Stored data:
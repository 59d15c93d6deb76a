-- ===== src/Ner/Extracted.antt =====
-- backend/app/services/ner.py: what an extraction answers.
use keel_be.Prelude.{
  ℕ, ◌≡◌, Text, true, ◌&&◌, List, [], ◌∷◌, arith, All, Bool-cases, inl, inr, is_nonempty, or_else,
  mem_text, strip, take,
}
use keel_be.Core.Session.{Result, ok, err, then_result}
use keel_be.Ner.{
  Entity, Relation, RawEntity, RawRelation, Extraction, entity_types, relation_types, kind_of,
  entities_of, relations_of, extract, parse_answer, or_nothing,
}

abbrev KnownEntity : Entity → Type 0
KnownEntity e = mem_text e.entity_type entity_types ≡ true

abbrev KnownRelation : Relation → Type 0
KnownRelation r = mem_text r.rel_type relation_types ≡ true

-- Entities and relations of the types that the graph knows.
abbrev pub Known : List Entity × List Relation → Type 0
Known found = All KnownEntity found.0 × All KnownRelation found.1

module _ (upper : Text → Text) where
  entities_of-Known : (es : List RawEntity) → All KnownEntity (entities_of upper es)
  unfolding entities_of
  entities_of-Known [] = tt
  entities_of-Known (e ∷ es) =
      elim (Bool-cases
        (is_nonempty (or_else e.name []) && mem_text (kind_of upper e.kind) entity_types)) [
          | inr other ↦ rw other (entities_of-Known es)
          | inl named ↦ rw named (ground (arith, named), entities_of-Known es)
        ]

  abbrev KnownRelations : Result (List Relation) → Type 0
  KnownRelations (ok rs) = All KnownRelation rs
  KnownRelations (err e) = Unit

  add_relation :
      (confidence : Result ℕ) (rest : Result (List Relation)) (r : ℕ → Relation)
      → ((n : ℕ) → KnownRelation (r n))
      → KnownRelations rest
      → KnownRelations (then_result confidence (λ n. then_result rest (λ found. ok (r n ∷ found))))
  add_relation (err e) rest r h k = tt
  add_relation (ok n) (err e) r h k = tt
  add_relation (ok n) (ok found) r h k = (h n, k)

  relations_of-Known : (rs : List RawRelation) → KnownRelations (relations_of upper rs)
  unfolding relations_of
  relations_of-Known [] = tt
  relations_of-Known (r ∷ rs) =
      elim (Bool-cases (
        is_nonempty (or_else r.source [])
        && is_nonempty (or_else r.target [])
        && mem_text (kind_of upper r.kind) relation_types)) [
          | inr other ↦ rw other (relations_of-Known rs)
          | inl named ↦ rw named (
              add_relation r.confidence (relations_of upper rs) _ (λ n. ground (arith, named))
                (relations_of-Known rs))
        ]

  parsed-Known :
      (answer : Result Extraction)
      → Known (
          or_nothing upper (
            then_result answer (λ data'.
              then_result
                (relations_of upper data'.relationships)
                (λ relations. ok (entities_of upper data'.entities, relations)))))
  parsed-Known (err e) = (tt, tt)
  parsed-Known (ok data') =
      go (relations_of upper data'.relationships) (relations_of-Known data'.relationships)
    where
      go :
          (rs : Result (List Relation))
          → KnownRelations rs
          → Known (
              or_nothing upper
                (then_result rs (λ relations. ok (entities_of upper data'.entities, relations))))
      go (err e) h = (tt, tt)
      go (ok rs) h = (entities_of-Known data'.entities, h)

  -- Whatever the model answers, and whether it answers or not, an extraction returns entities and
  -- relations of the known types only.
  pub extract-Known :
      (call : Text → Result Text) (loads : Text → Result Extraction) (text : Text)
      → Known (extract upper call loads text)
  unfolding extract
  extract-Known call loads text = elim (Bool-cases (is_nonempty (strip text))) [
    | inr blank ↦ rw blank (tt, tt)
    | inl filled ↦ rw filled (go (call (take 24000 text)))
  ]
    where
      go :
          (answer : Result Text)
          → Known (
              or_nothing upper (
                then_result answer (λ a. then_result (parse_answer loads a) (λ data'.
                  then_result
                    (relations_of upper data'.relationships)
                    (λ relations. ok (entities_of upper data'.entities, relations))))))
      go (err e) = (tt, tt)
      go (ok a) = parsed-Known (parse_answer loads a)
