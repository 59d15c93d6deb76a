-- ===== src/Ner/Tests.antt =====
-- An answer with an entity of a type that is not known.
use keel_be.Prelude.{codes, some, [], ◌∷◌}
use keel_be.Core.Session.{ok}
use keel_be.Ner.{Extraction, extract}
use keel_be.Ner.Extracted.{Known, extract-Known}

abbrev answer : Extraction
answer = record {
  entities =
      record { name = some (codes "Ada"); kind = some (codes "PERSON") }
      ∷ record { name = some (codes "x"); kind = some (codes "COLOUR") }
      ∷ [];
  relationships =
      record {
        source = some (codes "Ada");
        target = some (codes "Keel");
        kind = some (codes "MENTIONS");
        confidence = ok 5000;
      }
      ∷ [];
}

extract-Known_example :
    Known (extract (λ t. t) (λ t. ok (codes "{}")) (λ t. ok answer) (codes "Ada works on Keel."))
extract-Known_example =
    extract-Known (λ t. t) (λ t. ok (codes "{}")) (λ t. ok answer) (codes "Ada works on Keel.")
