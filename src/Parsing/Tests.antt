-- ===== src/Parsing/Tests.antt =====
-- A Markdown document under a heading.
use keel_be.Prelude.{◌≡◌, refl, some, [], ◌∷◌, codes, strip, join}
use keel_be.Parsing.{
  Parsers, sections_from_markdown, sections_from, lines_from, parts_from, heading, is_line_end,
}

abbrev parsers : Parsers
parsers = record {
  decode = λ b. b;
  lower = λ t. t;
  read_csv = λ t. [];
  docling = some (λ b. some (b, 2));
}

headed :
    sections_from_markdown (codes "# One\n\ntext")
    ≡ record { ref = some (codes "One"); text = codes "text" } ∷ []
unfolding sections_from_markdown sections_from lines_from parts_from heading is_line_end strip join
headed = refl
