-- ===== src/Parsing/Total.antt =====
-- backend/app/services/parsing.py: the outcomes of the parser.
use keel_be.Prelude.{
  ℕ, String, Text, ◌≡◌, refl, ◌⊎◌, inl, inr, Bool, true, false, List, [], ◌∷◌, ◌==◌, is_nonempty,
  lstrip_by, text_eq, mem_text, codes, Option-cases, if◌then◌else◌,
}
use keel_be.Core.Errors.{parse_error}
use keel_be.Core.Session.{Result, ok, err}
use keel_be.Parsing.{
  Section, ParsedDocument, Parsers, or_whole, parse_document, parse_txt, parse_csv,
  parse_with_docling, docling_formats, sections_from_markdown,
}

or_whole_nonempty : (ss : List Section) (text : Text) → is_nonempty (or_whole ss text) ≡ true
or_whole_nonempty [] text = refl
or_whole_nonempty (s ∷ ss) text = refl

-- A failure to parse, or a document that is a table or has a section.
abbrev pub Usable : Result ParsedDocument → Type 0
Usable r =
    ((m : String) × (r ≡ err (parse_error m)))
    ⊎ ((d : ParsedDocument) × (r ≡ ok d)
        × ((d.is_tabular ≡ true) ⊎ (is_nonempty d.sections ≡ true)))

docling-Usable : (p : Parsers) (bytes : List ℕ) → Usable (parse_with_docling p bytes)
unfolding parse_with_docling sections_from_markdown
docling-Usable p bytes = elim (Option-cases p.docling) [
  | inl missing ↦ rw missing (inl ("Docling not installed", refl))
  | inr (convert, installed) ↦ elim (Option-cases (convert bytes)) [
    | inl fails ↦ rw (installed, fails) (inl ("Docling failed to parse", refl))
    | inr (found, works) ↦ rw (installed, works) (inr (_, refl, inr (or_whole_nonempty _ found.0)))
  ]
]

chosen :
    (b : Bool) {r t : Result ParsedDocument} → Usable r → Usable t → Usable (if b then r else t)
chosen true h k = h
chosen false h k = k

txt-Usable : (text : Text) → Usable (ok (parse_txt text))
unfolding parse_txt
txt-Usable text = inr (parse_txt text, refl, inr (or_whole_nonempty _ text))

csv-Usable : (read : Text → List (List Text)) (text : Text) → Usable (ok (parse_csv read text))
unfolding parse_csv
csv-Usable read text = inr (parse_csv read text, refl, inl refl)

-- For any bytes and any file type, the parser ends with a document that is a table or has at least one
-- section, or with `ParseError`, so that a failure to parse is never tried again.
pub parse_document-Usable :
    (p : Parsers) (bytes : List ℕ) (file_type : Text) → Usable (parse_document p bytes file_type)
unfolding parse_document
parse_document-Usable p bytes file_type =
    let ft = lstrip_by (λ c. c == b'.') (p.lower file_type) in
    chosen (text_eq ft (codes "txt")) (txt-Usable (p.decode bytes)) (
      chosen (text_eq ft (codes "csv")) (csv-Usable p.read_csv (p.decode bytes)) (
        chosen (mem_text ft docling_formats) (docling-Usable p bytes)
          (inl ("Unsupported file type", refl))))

--

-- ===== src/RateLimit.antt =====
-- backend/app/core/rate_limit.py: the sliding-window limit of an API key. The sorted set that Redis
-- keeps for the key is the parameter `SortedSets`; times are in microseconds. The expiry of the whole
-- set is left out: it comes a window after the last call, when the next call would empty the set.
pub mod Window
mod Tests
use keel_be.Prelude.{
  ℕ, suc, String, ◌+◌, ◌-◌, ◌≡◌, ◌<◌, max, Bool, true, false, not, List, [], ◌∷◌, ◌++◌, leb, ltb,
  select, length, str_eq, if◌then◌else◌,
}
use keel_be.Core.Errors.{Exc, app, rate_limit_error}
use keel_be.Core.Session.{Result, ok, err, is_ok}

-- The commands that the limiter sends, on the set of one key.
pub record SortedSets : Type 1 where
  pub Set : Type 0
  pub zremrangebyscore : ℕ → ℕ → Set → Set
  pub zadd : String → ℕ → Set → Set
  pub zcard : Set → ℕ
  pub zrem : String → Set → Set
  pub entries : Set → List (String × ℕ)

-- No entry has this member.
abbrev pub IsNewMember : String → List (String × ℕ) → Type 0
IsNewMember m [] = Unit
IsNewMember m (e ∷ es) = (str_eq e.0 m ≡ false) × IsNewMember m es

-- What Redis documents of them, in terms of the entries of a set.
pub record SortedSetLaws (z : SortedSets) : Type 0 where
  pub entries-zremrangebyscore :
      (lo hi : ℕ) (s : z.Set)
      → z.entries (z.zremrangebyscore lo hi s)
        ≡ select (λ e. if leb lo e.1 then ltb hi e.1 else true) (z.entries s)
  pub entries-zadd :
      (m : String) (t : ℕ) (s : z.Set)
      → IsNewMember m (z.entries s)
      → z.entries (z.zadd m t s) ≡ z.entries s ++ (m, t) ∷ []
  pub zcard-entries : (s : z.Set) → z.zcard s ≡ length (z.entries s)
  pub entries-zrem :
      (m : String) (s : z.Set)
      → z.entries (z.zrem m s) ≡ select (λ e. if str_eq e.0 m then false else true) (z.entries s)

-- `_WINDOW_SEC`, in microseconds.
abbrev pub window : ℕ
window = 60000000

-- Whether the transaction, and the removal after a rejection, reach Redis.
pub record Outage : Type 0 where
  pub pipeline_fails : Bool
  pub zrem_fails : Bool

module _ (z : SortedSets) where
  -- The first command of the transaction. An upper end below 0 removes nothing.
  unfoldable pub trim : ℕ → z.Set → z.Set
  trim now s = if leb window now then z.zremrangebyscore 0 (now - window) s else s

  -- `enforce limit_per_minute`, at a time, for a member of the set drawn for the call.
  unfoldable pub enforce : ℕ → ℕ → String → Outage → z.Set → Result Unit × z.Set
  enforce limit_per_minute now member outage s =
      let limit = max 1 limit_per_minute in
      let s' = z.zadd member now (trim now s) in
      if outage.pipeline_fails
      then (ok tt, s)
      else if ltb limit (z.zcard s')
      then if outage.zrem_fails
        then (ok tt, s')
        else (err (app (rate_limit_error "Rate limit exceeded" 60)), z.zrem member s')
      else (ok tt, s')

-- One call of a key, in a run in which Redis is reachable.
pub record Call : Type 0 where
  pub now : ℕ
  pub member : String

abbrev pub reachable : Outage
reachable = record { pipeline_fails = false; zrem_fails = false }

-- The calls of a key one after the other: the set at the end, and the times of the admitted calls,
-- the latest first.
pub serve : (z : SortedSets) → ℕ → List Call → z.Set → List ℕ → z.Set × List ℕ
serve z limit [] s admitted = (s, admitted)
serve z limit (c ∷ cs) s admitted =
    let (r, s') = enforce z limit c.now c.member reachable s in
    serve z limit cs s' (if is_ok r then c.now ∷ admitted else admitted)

• Work item
In the data above, retype exactly and only the lines between the one holding "pub zremrangebyscore : ℕ → ℕ → Set → Set" and the one holding "unfoldable pub enforce", inclusive.

• Finished exercise
  pub zremrangebyscore : ℕ → ℕ → Set → Set
  pub zadd : String → ℕ → Set → Set
  pub zcard : Set → ℕ
  pub zrem : String → Set → Set
  pub entries : Set → List (String × ℕ)

-- No entry has this member.
abbrev pub IsNewMember : String → List (String × ℕ) → Type 0
IsNewMember m [] = Unit
IsNewMember m (e ∷ es) = (str_eq e.0 m ≡ false) × IsNewMember m es

-- What Redis documents of them, in terms of the entries of a set.
pub record SortedSetLaws (z : SortedSets) : Type 0 where
  pub entries-zremrangebyscore :
      (lo hi : ℕ) (s : z.Set)
      → z.entries (z.zremrangebyscore lo hi s)
        ≡ select (λ e. if leb lo e.1 then ltb hi e.1 else true) (z.entries s)
  pub entries-zadd :
      (m : String) (t : ℕ) (s : z.Set)
      → IsNewMember m (z.entries s)
      → z.entries (z.zadd m t s) ≡ z.entries s ++ (m, t) ∷ []
  pub zcard-entries : (s : z.Set) → z.zcard s ≡ length (z.entries s)
  pub entries-zrem :
      (m : String) (s : z.Set)
      → z.entries (z.zrem m s) ≡ select (λ e. if str_eq e.0 m then false else true) (z.entries s)

-- `_WINDOW_SEC`, in microseconds.
abbrev pub window : ℕ
window = 60000000

-- Whether the transaction, and the removal after a rejection, reach Redis.
pub record Outage : Type 0 where
  pub pipeline_fails : Bool
  pub zrem_fails : Bool

module _ (z : SortedSets) where
  -- The first command of the transaction. An upper end below 0 removes nothing.
  unfoldable pub trim : ℕ → z.Set → z.Set
  trim now s = if leb window now then z.zremrangebyscore 0 (now - window) s else s

  -- `enforce limit_per_minute`, at a time, for a member of the set drawn for the call.
  unfoldable pub enforce : ℕ → ℕ → String → Outage → z.Set → Result Unit × z.Set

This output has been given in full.